SOURCE RECORDS
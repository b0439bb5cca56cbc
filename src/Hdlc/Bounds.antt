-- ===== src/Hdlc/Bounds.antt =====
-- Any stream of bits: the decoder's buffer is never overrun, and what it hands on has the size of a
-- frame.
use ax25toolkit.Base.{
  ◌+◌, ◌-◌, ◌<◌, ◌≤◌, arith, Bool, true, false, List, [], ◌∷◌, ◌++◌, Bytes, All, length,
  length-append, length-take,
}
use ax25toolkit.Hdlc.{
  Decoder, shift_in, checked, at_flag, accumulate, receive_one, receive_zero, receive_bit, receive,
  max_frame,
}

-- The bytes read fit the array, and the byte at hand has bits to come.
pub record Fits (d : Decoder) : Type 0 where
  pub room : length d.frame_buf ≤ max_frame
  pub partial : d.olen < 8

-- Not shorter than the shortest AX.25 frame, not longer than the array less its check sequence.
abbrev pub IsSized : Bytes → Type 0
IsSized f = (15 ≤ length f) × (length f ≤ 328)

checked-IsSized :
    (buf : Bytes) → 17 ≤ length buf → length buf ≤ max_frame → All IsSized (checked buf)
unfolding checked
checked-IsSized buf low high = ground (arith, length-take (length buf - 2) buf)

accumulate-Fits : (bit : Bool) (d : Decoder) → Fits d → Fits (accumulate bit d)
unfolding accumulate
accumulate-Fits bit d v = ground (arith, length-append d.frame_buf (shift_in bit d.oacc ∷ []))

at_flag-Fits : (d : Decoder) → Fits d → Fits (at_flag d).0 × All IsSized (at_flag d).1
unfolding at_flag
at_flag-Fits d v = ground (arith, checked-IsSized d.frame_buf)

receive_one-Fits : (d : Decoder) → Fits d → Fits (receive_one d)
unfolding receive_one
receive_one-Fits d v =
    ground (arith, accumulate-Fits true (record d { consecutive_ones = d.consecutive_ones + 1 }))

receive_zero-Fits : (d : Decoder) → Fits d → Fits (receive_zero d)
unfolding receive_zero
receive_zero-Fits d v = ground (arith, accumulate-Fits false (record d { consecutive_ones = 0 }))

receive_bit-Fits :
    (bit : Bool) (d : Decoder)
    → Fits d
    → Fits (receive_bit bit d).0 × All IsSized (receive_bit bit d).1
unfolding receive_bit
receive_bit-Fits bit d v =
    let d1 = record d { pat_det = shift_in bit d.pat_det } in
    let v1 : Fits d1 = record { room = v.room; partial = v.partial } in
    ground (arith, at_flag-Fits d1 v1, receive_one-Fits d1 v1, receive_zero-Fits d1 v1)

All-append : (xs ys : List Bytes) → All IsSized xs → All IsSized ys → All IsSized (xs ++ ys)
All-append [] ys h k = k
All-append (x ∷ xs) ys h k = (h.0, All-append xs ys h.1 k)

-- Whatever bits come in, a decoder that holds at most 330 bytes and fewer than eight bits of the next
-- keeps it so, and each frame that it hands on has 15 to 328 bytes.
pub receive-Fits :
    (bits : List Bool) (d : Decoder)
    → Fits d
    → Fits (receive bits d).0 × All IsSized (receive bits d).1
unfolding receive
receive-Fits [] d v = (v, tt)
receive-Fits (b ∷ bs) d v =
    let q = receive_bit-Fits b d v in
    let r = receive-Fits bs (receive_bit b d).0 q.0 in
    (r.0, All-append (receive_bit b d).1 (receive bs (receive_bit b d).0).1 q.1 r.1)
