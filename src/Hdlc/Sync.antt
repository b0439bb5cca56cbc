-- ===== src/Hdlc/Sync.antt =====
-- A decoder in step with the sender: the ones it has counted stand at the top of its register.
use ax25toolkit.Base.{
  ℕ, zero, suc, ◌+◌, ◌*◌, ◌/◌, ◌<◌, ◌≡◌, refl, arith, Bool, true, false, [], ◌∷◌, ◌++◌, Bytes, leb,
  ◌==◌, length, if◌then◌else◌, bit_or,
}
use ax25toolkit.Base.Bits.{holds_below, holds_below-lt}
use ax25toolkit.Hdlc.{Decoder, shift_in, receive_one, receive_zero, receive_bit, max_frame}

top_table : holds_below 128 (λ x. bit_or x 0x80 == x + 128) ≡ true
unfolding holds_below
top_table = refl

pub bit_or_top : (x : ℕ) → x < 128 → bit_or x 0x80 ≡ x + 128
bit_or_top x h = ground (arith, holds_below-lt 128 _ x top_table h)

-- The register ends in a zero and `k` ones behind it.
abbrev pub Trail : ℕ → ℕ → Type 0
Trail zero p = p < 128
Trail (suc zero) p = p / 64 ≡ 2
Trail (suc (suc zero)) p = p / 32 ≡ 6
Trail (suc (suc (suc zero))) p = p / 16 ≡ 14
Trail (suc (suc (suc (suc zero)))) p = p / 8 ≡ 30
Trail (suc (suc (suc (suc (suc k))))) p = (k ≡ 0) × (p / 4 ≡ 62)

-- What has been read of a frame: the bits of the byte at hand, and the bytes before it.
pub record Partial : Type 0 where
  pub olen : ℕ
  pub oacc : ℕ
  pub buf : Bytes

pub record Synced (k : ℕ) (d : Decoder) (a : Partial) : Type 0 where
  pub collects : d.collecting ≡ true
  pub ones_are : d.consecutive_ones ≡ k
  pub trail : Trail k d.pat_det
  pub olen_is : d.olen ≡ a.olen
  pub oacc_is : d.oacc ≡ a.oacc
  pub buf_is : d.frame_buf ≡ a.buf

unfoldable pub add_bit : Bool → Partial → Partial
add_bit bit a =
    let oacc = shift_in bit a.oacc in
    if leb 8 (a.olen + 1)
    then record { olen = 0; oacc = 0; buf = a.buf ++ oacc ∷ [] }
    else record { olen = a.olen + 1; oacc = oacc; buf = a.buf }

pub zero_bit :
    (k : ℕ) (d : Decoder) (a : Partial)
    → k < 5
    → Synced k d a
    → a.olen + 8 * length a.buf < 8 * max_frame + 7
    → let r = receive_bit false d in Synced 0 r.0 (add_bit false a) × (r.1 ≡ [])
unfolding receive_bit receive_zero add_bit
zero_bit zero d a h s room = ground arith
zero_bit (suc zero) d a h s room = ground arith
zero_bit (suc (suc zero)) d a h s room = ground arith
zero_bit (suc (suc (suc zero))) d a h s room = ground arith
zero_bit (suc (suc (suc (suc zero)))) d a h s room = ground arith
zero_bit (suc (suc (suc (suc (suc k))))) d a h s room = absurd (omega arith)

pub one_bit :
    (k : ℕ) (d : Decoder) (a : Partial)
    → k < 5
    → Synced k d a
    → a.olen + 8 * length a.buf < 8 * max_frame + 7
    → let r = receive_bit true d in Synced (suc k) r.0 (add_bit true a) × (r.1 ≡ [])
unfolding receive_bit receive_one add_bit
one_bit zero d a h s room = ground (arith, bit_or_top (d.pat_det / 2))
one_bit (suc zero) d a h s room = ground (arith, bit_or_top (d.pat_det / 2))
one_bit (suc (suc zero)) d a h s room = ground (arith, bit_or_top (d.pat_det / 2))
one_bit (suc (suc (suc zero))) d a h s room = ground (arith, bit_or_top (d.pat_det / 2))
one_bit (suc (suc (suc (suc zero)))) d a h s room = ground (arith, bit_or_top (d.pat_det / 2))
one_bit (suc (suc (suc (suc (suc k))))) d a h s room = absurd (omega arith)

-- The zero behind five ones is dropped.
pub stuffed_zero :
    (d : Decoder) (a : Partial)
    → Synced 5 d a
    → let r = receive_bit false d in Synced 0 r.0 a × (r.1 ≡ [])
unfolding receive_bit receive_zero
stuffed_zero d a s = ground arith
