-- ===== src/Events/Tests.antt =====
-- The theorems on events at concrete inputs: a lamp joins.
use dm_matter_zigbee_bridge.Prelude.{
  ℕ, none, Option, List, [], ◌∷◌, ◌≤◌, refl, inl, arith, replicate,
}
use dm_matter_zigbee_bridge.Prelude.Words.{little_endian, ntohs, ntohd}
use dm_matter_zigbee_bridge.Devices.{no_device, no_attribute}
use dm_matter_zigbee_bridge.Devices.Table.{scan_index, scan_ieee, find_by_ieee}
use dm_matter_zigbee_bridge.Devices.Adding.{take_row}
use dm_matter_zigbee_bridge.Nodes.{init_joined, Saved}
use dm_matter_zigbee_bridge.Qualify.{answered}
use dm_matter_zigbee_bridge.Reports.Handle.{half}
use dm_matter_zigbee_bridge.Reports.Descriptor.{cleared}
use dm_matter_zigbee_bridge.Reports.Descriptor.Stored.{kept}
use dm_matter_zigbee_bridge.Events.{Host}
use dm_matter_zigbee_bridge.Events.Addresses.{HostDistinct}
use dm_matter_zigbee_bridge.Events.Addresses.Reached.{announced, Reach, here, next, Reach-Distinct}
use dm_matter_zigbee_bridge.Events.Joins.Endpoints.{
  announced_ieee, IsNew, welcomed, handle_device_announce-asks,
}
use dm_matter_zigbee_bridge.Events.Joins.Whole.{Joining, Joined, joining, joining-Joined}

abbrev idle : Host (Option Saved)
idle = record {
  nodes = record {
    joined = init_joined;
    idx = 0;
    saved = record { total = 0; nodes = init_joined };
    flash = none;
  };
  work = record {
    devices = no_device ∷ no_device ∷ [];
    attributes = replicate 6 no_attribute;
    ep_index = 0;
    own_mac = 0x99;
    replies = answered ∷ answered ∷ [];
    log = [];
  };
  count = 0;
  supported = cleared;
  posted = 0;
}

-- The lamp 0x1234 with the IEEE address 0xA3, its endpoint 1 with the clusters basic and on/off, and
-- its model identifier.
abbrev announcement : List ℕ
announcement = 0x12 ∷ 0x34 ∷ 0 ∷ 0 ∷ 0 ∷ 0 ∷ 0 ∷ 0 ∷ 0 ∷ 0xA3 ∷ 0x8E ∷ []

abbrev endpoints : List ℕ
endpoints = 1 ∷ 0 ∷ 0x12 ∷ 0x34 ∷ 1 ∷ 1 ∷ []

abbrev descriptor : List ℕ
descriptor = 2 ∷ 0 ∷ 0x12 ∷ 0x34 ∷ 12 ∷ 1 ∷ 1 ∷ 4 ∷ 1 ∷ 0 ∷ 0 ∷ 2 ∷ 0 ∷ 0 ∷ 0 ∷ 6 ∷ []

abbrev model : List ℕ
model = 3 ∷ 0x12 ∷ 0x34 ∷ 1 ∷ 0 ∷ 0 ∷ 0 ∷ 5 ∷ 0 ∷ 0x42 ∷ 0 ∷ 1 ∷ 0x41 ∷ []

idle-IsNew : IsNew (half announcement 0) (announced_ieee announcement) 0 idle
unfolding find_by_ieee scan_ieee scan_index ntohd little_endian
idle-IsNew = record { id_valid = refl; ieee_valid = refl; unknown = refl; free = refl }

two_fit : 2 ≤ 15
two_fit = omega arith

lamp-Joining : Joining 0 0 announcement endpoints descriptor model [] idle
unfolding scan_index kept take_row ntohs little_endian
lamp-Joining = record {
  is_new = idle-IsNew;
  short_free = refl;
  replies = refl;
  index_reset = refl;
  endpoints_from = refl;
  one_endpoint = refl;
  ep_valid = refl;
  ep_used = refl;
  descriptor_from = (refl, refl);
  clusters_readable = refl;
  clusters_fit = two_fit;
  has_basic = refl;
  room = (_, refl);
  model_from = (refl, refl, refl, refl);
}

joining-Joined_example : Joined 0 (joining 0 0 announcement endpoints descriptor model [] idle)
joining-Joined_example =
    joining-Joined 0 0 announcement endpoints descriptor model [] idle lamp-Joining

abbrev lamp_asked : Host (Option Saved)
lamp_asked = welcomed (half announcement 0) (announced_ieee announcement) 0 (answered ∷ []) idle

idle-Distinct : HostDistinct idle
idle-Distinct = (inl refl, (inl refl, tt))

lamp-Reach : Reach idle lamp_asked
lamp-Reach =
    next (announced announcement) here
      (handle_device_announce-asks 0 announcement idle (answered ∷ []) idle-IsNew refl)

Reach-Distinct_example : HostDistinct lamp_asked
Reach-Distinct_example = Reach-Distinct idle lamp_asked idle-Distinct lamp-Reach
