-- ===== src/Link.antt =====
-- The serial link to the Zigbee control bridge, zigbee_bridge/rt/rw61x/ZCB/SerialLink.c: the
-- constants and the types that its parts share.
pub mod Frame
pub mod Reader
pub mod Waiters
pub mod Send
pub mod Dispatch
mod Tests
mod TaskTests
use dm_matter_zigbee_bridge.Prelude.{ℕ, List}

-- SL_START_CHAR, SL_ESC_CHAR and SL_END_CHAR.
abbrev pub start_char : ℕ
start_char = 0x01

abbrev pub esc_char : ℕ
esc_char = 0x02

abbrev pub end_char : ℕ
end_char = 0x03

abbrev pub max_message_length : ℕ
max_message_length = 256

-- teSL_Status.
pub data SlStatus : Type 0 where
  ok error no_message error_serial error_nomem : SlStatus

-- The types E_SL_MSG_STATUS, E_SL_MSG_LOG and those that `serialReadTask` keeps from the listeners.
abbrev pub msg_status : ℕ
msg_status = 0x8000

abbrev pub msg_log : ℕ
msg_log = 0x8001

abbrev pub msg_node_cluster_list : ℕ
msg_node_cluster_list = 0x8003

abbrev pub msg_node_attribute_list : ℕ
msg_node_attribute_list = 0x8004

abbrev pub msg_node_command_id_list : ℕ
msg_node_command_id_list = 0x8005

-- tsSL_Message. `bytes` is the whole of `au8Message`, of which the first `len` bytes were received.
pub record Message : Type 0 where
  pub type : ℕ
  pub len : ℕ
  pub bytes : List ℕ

WORK INSTRUCTIONS
Retype only the lines above between the line with "receive_one-Fits : (d" and the line with "receive_bit-Fits bit d", counting those two lines as well, and keep every character as it is.

OUTPUT BELOW
receive_one-Fits : (d : Decoder) → Fits d → Fits (receive_one d)
unfolding receive_one
receive_one-Fits d v =
    ground (arith, accumulate-Fits true (record d { consecutive_ones = d.consecutive_ones + 1 }))

receive_zero-Fits : (d : Decoder) → Fits d → Fits (receive_zero d)
unfolding receive_zero
receive_zero-Fits d v = ground (arith, accumulate-Fits false (record d { consecutive_ones = 0 }))

receive_bit-Fits :
    (bit : Bool) (d : Decoder)
    → Fits d
    → Fits (receive_bit bit d).0 × All IsSized (receive_bit bit d).1
unfolding receive_bit
receive_bit-Fits bit d v =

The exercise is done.